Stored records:
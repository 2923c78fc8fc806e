-- ===== src/Cable/Message/Decode/Sound.antt =====
-- What reading a message ensures on any input.
use cable_rs.Base.{
  ℕ, zero, suc, ◌-◌, ◌%◌, ◌<◌, ◌≡◌, sym, refl, true, List, [], ◌∷◌, length, All, arith, inl, inr,
  ◌⊎◌, nat_beq,
}
use cable_rs.Cable.Constants
use cable_rs.Cable.Desert.{Desert, DesertLaws, Fits}
use cable_rs.Cable.Error.{Outcome, ok, err, panic, stuck}
use cable_rs.Cable.Fields.{HashesFit, get_sized, get_counted_hashes}
use cable_rs.Cable.Fields.Sound.{Ensures-get_sized, Ensures-get_counted_hashes}
use cable_rs.Cable.Message.{
  MessageBody, Message, post, cancel, channel_time_range, channel_state, channel_list, hash, posts,
  channels, request, response, unrecognized, body_type,
}
use cable_rs.Cable.Message.Encode.Bytes.{ElementFits, BodyFits, IsFitting}
use cable_rs.Cable.Message.Decode.{
  get_ttl, read_hash_response, read_elements, read_all, read_post_response, read_post_request,
  read_cancel_request, read_channel_time_range_request, read_channel_state_request,
  read_channel_list_request, read_channel_list_response, read_body, read_message,
}
use cable_rs.Cable.Message.Decode.RoundTrip.{IsName, BodyValid}
use cable_rs.Cable.Reader.{Reader, Cursor, get_varint, get_slice, get_string}
use cable_rs.Cable.Reader.Sound.{
  Holds, Ensures, Ensures-pure, Ensures-if, Ensures-case, Ensures-bind, Ensures-bind_step,
  Ensures-weaken, Ensures-get_varint, Ensures-get_slice, Ensures-get_string,
}
use cable_rs.Cable.Utf8.{valid_utf8}
use mathlib.Core.Path.{subst}

-- A body that was read for the type number `t`: one that fits and has valid strings, or an
-- unrecognized type.
abbrev pub DecodedBody : ℕ → MessageBody → Type 0
DecodedBody t b =
    ((t ≡ body_type b) × BodyFits b × BodyValid b)
    ⊎ ((b ≡ unrecognized t) × (Constants.channel_list_response < t))

-- A decoded message: its parts fit, its header names the type of its body, and its strings are
-- valid; or its type is one that the protocol does not have.
abbrev pub DecodedMessage : Message → Type 0
DecodedMessage m =
    (IsFitting m × (m.header.msg_type ≡ body_type m.body) × BodyValid m.body)
    ⊎ ((m.body ≡ unrecognized m.header.msg_type)
        × (Constants.channel_list_response < m.header.msg_type))

module _ (v : Desert) (laws : DesertLaws v) where
  Ensures-get_ttl : (n : ℕ) → Ensures n 0 (get_ttl v) (λ t. t < 256)
  unfolding get_ttl
  Ensures-get_ttl n =
      Ensures-weaken n 1 _ _ _ (λ _ p. p)
        (Ensures-bind n 1 _ _ _ _ (Ensures-get_varint v laws n)
          λ t _. Ensures-pure _ (t % 256) _ (omega arith))

  Ensures-varint : (n : ℕ) → Ensures n 0 (get_varint v) Fits
  Ensures-varint n = Ensures-weaken n 1 _ _ _ (λ _ p. p) (Ensures-get_varint v laws n)

  Ensures-sized : (n : ℕ) → Ensures n 0 (get_sized v) (λ s. Fits (length s) × (valid_utf8 s ≡ true))
  Ensures-sized n = Ensures-weaken n 1 _ _ _ (λ _ p. p) (Ensures-get_sized v laws n)

  Ensures-hashes : (n : ℕ) → Ensures n 0 (get_counted_hashes v) HashesFit
  Ensures-hashes n = Ensures-weaken n 1 _ _ _ (λ _ p. p) (Ensures-get_counted_hashes v laws n)

  -- A stronger property with the same step.
  Ensures-keep :
      (n k : ℕ) {r : Reader (List ℕ)} (P Q : List ℕ → Type 0)
      → Ensures n k r P
      → ((s : List ℕ) → P s → Q s)
      → Ensures n k r Q
  Ensures-keep n k {r} P Q e h = record { run = λ c le. go c (r c) (e.run c le) }
    where
      go : (c : Cursor) (x : Outcome (List ℕ × Cursor)) → Holds k P c x → Holds k Q c x
      go c (ok (a, c')) (p, same, adv) = (h a p, same, adv)
      go c (err e) _ = tt
      go c panic _ = tt
      go c stuck f = absurd f

  -- With more fuel than bytes left, the loop over counted elements ends.
  Ensures-elements :
      (get : ℕ → Reader (List ℕ)) (P : List ℕ → Type 0)
      → ((n m : ℕ) → 0 < m → Ensures n m (get m) (λ s. (length s ≡ m) × P s))
      → (fuel n : ℕ) → n < fuel
      → Ensures n 0 (read_elements v get fuel) (λ ss. All ElementFits ss × All P ss)
  unfolding read_elements
  Ensures-elements get P each zero n lt = absurd (omega arith)
  Ensures-elements get P each (suc fuel) n lt =
      Ensures-weaken n 1 _ _ _ (λ _ p. p)
        (Ensures-bind_step n 1 _ _ Fits _ (Ensures-get_varint v laws n) λ len fits room.
          Ensures-if _ 0 (nat_beq len 0) _ _ _ (λ e. Ensures-pure _ [] _ (tt, tt))
            λ e.
              Ensures-weaken _ len _ _ _ (λ _ p. p)
                (Ensures-bind (n - 1) len _ _ _ _ (each (n - 1) len (ground (arith, e))) λ s p.
                  Ensures-bind (n - 1 - len) 0 _ _ _ _
                    (Ensures-elements get P each fuel (n - 1 - len) (omega arith))
                    λ ss q.
                      Ensures-pure _ (s ∷ ss) _ ((subst Fits (sym p.0) fits, q.0), (p.1, q.1))))

  Ensures-read_all :
      (get : ℕ → Reader (List ℕ)) (P : List ℕ → Type 0)
      → ((n m : ℕ) → 0 < m → Ensures n m (get m) (λ s. (length s ≡ m) × P s))
      → (n : ℕ) → Ensures n 0 (read_all v get) (λ ss. All ElementFits ss × All P ss)
  unfolding read_all
  Ensures-read_all get P each n = record {
    run = λ c le.
        (Ensures-elements get P each (suc (length c.rest)) (length c.rest) (omega arith)).run c
          (omega arith);
  }

  Ensures-post_response :
      (n : ℕ) → Ensures n 0 (read_post_response v) (DecodedBody Constants.post_response)
  unfolding read_post_response
  Ensures-post_response n =
      Ensures-bind n 0 _ _ _ _
        (Ensures-read_all get_slice (λ s. 0 < length s)
          (λ n m pos. Ensures-keep n m _ _ (Ensures-get_slice n m) (λ s p. (p, omega (arith, p))))
          n)
        (λ ss h. Ensures-pure _ (response (posts ss)) _ (inl (refl, h.0, h.1)))

  Ensures-channel_list_response :
      (n : ℕ)
      → Ensures n 0 (read_channel_list_response v) (DecodedBody Constants.channel_list_response)
  unfolding read_channel_list_response
  Ensures-channel_list_response n =
      Ensures-bind n 0 _ _ _ _
        (Ensures-read_all get_string IsName
          (λ n m pos.
            Ensures-keep n m _ _ (Ensures-get_string n m) (λ s p. (p.0, (omega (arith, p.0), p.1))))
          n)
        (λ ss h. Ensures-pure _ (response (channels ss)) _ (inl (refl, h.0, h.1)))

  Ensures-hash_response :
      (n : ℕ) → Ensures n 0 (read_hash_response v) (DecodedBody Constants.hash_response)
  unfolding read_hash_response
  Ensures-hash_response n =
      Ensures-bind n 0 _ _ _ _ (Ensures-hashes n)
        (λ hs h. Ensures-pure _ (response (hash hs)) _ (inl (refl, h, tt)))

  Ensures-post_request :
      (n : ℕ) → Ensures n 0 (read_post_request v) (DecodedBody Constants.post_request)
  unfolding read_post_request
  Ensures-post_request n = Ensures-bind n 0 _ _ _ _ (Ensures-get_ttl n) λ ttl t.
      Ensures-bind _ 0 _ _ _ _ (Ensures-hashes _)
        λ hs h. Ensures-pure _ (request ttl (post hs)) _ (inl (refl, (t, h), tt))

  Ensures-cancel_request :
      (n : ℕ) → Ensures n 0 (read_cancel_request v) (DecodedBody Constants.cancel_request)
  unfolding read_cancel_request
  Ensures-cancel_request n = Ensures-bind n 0 _ _ _ _ (Ensures-get_ttl n) λ ttl t.
      Ensures-weaken _ 4 _ _ _ (λ _ p. p)
        (Ensures-bind _ 4 _ _ _ _ (Ensures-get_slice _ 4)
          λ c h. Ensures-pure _ (request ttl (cancel c)) _ (inl (refl, (t, h), tt)))

  Ensures-channel_time_range_request :
      (n : ℕ)
      → Ensures n 0
          (read_channel_time_range_request v)
          (DecodedBody Constants.channel_time_range_request)
  unfolding read_channel_time_range_request
  Ensures-channel_time_range_request n = Ensures-bind n 0 _ _ _ _ (Ensures-get_ttl n) λ ttl t.
      Ensures-bind _ 0 _ _ _ _ (Ensures-sized _) λ c hc.
        Ensures-bind _ 0 _ _ _ _ (Ensures-varint _) λ s hs.
          Ensures-bind _ 0 _ _ _ _ (Ensures-varint _) λ e he.
            Ensures-bind _ 0 _ _ _ _ (Ensures-varint _) λ l hl.
              Ensures-pure _ (request ttl (channel_time_range c s e l)) _
                (inl (refl, (t, (hc.0, hs, he, hl)), hc.1))

  Ensures-channel_state_request :
      (n : ℕ)
      → Ensures n 0 (read_channel_state_request v) (DecodedBody Constants.channel_state_request)
  unfolding read_channel_state_request
  Ensures-channel_state_request n = Ensures-bind n 0 _ _ _ _ (Ensures-get_ttl n) λ ttl t.
      Ensures-bind _ 0 _ _ _ _ (Ensures-sized _) λ c hc.
        Ensures-bind _ 0 _ _ _ _ (Ensures-varint _) λ f hf.
          Ensures-pure _ (request ttl (channel_state c f)) _ (inl (refl, (t, (hc.0, hf)), hc.1))

  Ensures-channel_list_request :
      (n : ℕ)
      → Ensures n 0 (read_channel_list_request v) (DecodedBody Constants.channel_list_request)
  unfolding read_channel_list_request
  Ensures-channel_list_request n = Ensures-bind n 0 _ _ _ _ (Ensures-get_ttl n) λ ttl t.
      Ensures-bind _ 0 _ _ _ _ (Ensures-varint _) λ s hs.
        Ensures-bind _ 0 _ _ _ _ (Ensures-varint _)
          λ l hl. Ensures-pure _ (request ttl (channel_list s l)) _ (inl (refl, (t, (hs, hl)), tt))

  Ensures-body : (n t : ℕ) → Ensures n 0 (read_body v t) (DecodedBody t)
  unfolding read_body
  Ensures-body n t =
      Ensures-case DecodedBody n t Constants.hash_response _ _ (Ensures-hash_response n) λ n0.
        Ensures-case DecodedBody n t Constants.post_response _ _ (Ensures-post_response n) λ n1.
          Ensures-case DecodedBody n t Constants.post_request _ _ (Ensures-post_request n) λ n2.
            Ensures-case DecodedBody n t Constants.cancel_request _ _ (Ensures-cancel_request n)
              λ n3.
                Ensures-case DecodedBody n t Constants.channel_time_range_request _ _
                  (Ensures-channel_time_range_request n)
                  λ n4.
                    Ensures-case DecodedBody n t Constants.channel_state_request _ _
                      (Ensures-channel_state_request n)
                      λ n5.
                        Ensures-case DecodedBody n t Constants.channel_list_request _ _
                          (Ensures-channel_list_request n)
                          λ n6.
                            Ensures-case DecodedBody n t Constants.channel_list_response _ _
                              (Ensures-channel_list_response n)
                              λ n7.
                                Ensures-pure n (unrecognized t) (DecodedBody t)
                                  (inr (refl, omega arith))

  pub Ensures-message : (n : ℕ) → Ensures n 0 (read_message v) DecodedMessage
  unfolding read_message
  Ensures-message n = Ensures-bind n 0 _ _ _ _ (Ensures-varint n) λ len _.
      Ensures-bind _ 0 _ _ _ _ (Ensures-varint _) λ t ft.
        Ensures-weaken _ 4 _ _ _ (λ _ p. p)
          (Ensures-bind _ 4 _ _ _ _ (Ensures-get_slice _ 4) λ circuit hc.
            Ensures-weaken _ 4 _ _ _ (λ _ p. p)
              (Ensures-bind _ 4 _ _ _ _ (Ensures-get_slice _ 4) λ req hr.
                Ensures-bind _ 0 _ _ _ _ (Ensures-body _ t) λ b hb. Ensures-pure _ _ _ (elim hb [
                  | inl (same, fits, valid) ↦
                      inl (record { circuit_id = hc; req_id = hr; body = fits }, same, valid)
                  | inr u ↦ inr u
                ])))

* _WORK TO COMPLETE_: Check every line above for the string "BodyValid", and copy the ones that have it.

* _FINAL ANSWER_:
use cable_rs.Cable.Message.Decode.RoundTrip.{IsName, BodyValid}
    ((t ≡ body_type b) × BodyFits b × BodyValid b)
    (IsFitting m × (m.header.msg_type ≡ body_type m.body) × BodyValid m.body)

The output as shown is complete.